A lot of typical "survival" type fiction books tend to lean toward the guy(s) who have themselves all prepared with everything. This one was better, while the main character had armed himself with lots of knowledge, not so much on the material side, which made it very realistic and made me pause and think about my own preparations. In the book how described all the mistakes he had made and the things he was "going to get around too" but never did. Those few things can make the difference between life and death. I think we all (me included) tend to get wrapped up in the cool guy stuff. How many magazines you have, loaded with what type of ammo, and how we have clear killing fields around our BOL, and NO ONE will ever get past me and take my stuff etc etc. Survival is a lot more than all that. All of those things are very important and are part of the bigger picture. But unless you are healthy and you are capable of standing up and even just holding your weapon, all the ammo in the world won't help you. Being sick and not eating has killed more people in this world then any weapons ever have. 
I learned quite a bit from this book series, one tangible thing I really lacked in (actually had nothing) was just vitamins. I don't want to start a war on that subject, but I just went out and bought some bottles of quality Multivitamins, and yes, I do rotate them out. My point here is not vitamins, but the bigger picture, while I love nothing better than going to gun shows. Some of that play money that we spend on a new AR lower, (that will accompany the other 5 in your safe) should be spent on ______________. You fill in the blank. 
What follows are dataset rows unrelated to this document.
-- ===== src/Amount/Runs.antt =====
-- Runs of the amount compression, the pairs of src/servilo/test/compress_tests.cpp among them.
use primmonero.Base.{ℕ, ◌*◌, ◌≡◌, refl, some, arith}
use primmonero.Amount.{
  strip_zeros, pack_amount, compress_amount, scale_up, unpack_amount, decompress_amount,
}
use primmonero.Amount.RoundTrip.{
  decompress_amount-compress_amount, compress_amount-decompress_amount,
}

abbrev cent : ℕ
cent = 1_000_000

abbrev max_money : ℕ
max_money = 2_000_000_000 * 100_000_000

compress_cent : compress_amount cent ≡ some 0x7
unfolding compress_amount strip_zeros pack_amount
compress_cent = refl

compress_coin : compress_amount 100_000_000 ≡ some 0x9
unfolding compress_amount strip_zeros pack_amount
compress_coin = refl

decompress_all_coins : decompress_amount 0x1406f40 ≡ 21_000_000 * 100_000_000
unfolding decompress_amount scale_up unpack_amount
decompress_all_coins = refl

decompress_amount-compress_amount_example :
    (x : ℕ) × (compress_amount max_money ≡ some x) × (decompress_amount x ≡ max_money)
decompress_amount-compress_amount_example =
    decompress_amount-compress_amount max_money (omega arith)

compress_amount-decompress_amount_example :
    compress_amount (decompress_amount 0x1406f40) ≡ some 0x1406f40
compress_amount-decompress_amount_example =
    compress_amount-decompress_amount 0x1406f40 (omega arith)
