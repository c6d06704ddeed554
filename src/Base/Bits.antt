-- ===== src/Base/Bits.antt =====
-- The masks and joins that the program writes with `&` and `|`, as arithmetic at every width.
use Prim.Native.Nat.{
  ℕ, zero, suc, ◌+◌, ◌-◌, ◌*◌, ◌/◌, ◌%◌, ◌^◌, ◌≤◌, ◌<◌, min, max, bit_and, bit_or, digits,
  bit_and-bitwise, bit_or-bitwise,
}
use mathlib.Core.Path.{◌≡◌, refl, ap}
use native.Mathlib.Omega.{arith}
use native.Mathlib.Nat.{pow-suc, one-le-pow}

-- The digit recursion does not depend on its fuel, once that is as large as the number.
module _ (z : ℕ → ℕ) (f : ℕ → ℕ → ℕ) where
  digits-any_fuel :
      (small big a b : ℕ) → a ≤ small → a ≤ big → digits z f small a b ≡ digits z f big a b
  digits-any_fuel zero zero a b p q = refl
  digits-any_fuel zero (suc big) zero b p q = refl
  digits-any_fuel zero (suc big) (suc a) b p q = absurd (omega arith)
  digits-any_fuel (suc small) zero zero b p q = refl
  digits-any_fuel (suc small) zero (suc a) b p q = absurd (omega arith)
  digits-any_fuel (suc small) (suc big) zero b p q = refl
  digits-any_fuel (suc small) (suc big) (suc a) b p q =
      rw (digits-any_fuel small big (suc a / 2) (b / 2) (omega arith) (omega arith))

-- One binary digit of `&`, and one of `|`.
pub bit_and_digit : (a b : ℕ) → bit_and a b ≡ bit_and (a / 2) (b / 2) * 2 + min (a % 2) (b % 2)
bit_and_digit zero b = simp bit_and-bitwise (omega arith)
bit_and_digit (suc a) b = simp bit_and-bitwise (
    omega (
      arith,
      digits-any_fuel (λ y. 0) min a (suc a / 2) (suc a / 2) (b / 2) (omega arith) (omega arith),
    ))

pub bit_or_digit : (a b : ℕ) → bit_or a b ≡ bit_or (a / 2) (b / 2) * 2 + max (a % 2) (b % 2)
bit_or_digit zero b = simp bit_or-bitwise (omega arith)
bit_or_digit (suc a) b = simp bit_or-bitwise (
    omega (
      arith,
      digits-any_fuel (λ y. y) max a (suc a / 2) (suc a / 2) (b / 2) (omega arith) (omega arith),
    ))

bit_and-zero_below : (bound a : ℕ) → a ≤ bound → bit_and a 0 ≡ 0
bit_and-zero_below bound zero h = refl
bit_and-zero_below zero (suc a) h = absurd (omega arith)
bit_and-zero_below (suc bound) (suc a) h =
    omega (arith, bit_and_digit (suc a) 0, bit_and-zero_below bound (suc a / 2) (omega arith))

pub bit_and-zero : (a : ℕ) → bit_and a 0 ≡ 0
bit_and-zero a = bit_and-zero_below a a (omega arith)

bit_or-zero_below : (bound a : ℕ) → a ≤ bound → bit_or a 0 ≡ a
bit_or-zero_below bound zero h = refl
bit_or-zero_below zero (suc a) h = absurd (omega arith)
bit_or-zero_below (suc bound) (suc a) h =
    omega (arith, bit_or_digit (suc a) 0, bit_or-zero_below bound (suc a / 2) (omega arith))

pub bit_or-zero : (a : ℕ) → bit_or a 0 ≡ a
bit_or-zero a = bit_or-zero_below a a (omega arith)

double_power : (h k : ℕ) → h * 2 ^ suc k ≡ 2 * (h * 2 ^ k)
double_power h k = omega (arith, ap (λ (t : ℕ). h * t) (pow-suc 2 k))

-- A field above bit `k` and one below it are joined by `|` into their sum.
pub bit_or-disjoint : (k h l : ℕ) → l < 2 ^ k → bit_or (h * 2 ^ k) l ≡ h * 2 ^ k + l
bit_or-disjoint zero h l fits = ground (arith, bit_or-zero h)
bit_or-disjoint (suc k) h l fits = ground (
  arith,
  bit_or_digit (h * 2 ^ suc k) l,
  double_power h k,
  bit_or-disjoint k h (l / 2) (omega arith),
)

-- `&` acts on the low fields and on the high fields apart.
pub bit_and_fields :
    (k g h l m : ℕ)
    → l < 2 ^ k
    → m < 2 ^ k
    → bit_and (g * 2 ^ k + l) (h * 2 ^ k + m) ≡ bit_and g h * 2 ^ k + bit_and l m
bit_and_fields zero g h l m p q = ground (arith, bit_and-zero l)
bit_and_fields (suc k) g h l m p q = ground (
  arith,
  bit_and_digit (g * 2 ^ suc k + l) (h * 2 ^ suc k + m),
  bit_and_digit l m,
  double_power g k,
  double_power h k,
  double_power (bit_and g h) k,
  bit_and_fields k g h (l / 2) (m / 2) (omega arith) (omega arith),
)

-- A mask of `k` ones keeps the low `k` bits.
pub bit_and-ones : (k a : ℕ) → a < 2 ^ k → bit_and a (2 ^ k - 1) ≡ a
bit_and-ones zero a h = ground (arith, bit_and-zero a)
bit_and-ones (suc k) a h = ground (
  arith,
  bit_and_digit a (2 ^ suc k - 1),
  pow-suc 2 k,
  one-le-pow k 2,
  bit_and-ones k (a / 2) (omega arith),
)

-- A mask of the high bits, from bit `k` on, keeps those bits.
pub bit_and-high :
    (k g h l : ℕ) → l < 2 ^ k → bit_and g h ≡ g → bit_and (g * 2 ^ k + l) (h * 2 ^ k) ≡ g * 2 ^ k
bit_and-high k g h l fits keeps =
    ground (arith, one-le-pow k 2, bit_and_fields k g h l 0 fits, bit_and-zero l)

-- A mask of `k` ones keeps the low field, whatever stands above it.
pub bit_and-low : (k g l : ℕ) → l < 2 ^ k → bit_and (g * 2 ^ k + l) (2 ^ k - 1) ≡ l
bit_and-low k g l fits =
    ground
      (arith, one-le-pow k 2, bit_and_fields k g 0 l (2 ^ k - 1), bit_and-zero g, bit_and-ones k l)

zero-bit_or : (b : ℕ) → bit_or 0 b ≡ b
zero-bit_or b = simp bit_or-bitwise

-- `bit_or-disjoint` with the low field first.
pub bit_or-disjoint_low : (k h l : ℕ) → l < 2 ^ k → bit_or l (h * 2 ^ k) ≡ h * 2 ^ k + l
bit_or-disjoint_low zero h l fits =
    let nought : l ≡ 0 = omega arith in rw nought (omega (arith, zero-bit_or (h * 1)))
bit_or-disjoint_low (suc k) h l fits = ground (
  arith,
  bit_or_digit l (h * 2 ^ suc k),
  double_power h k,
  bit_or-disjoint_low k h (l / 2) (omega arith),
)

pub bit_and-one : (n : ℕ) → bit_and n 1 ≡ n % 2
bit_and-one n = omega (arith, bit_and_digit n 1, bit_and-zero (n / 2))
Definitely a good read and makes you think very hard about reality and the death toll we could all face, and things I just never thought of.


----------



## Fish (Jun 27, 2016)

I just finished up One second after and One year after and pre ordered The Final Year. I loved the series of books and there is a lot of good information in them. Currently reading Patriot.

Before the One Second After series, I read the 299 Days series of 10 books. I highly recommend them and they too have a lot of good information in them.


----------



## A Watchman (Sep 14, 2015)

Fish said:


> I just finished up One second after and One year after and pre ordered The Final Year. I loved the series of books and there is a lot of good information in them. Currently reading Patriot.
> 
> Before the One Second After series, I read the 299 Days series of 10 books. I highly recommend them and they too have a lot of good information in them.


Excellent information and detailed scenario regarding the actions that lead to the self destruction of society, that is more than realistic and probable. I am reading One Year After this weekend as I travel.


----------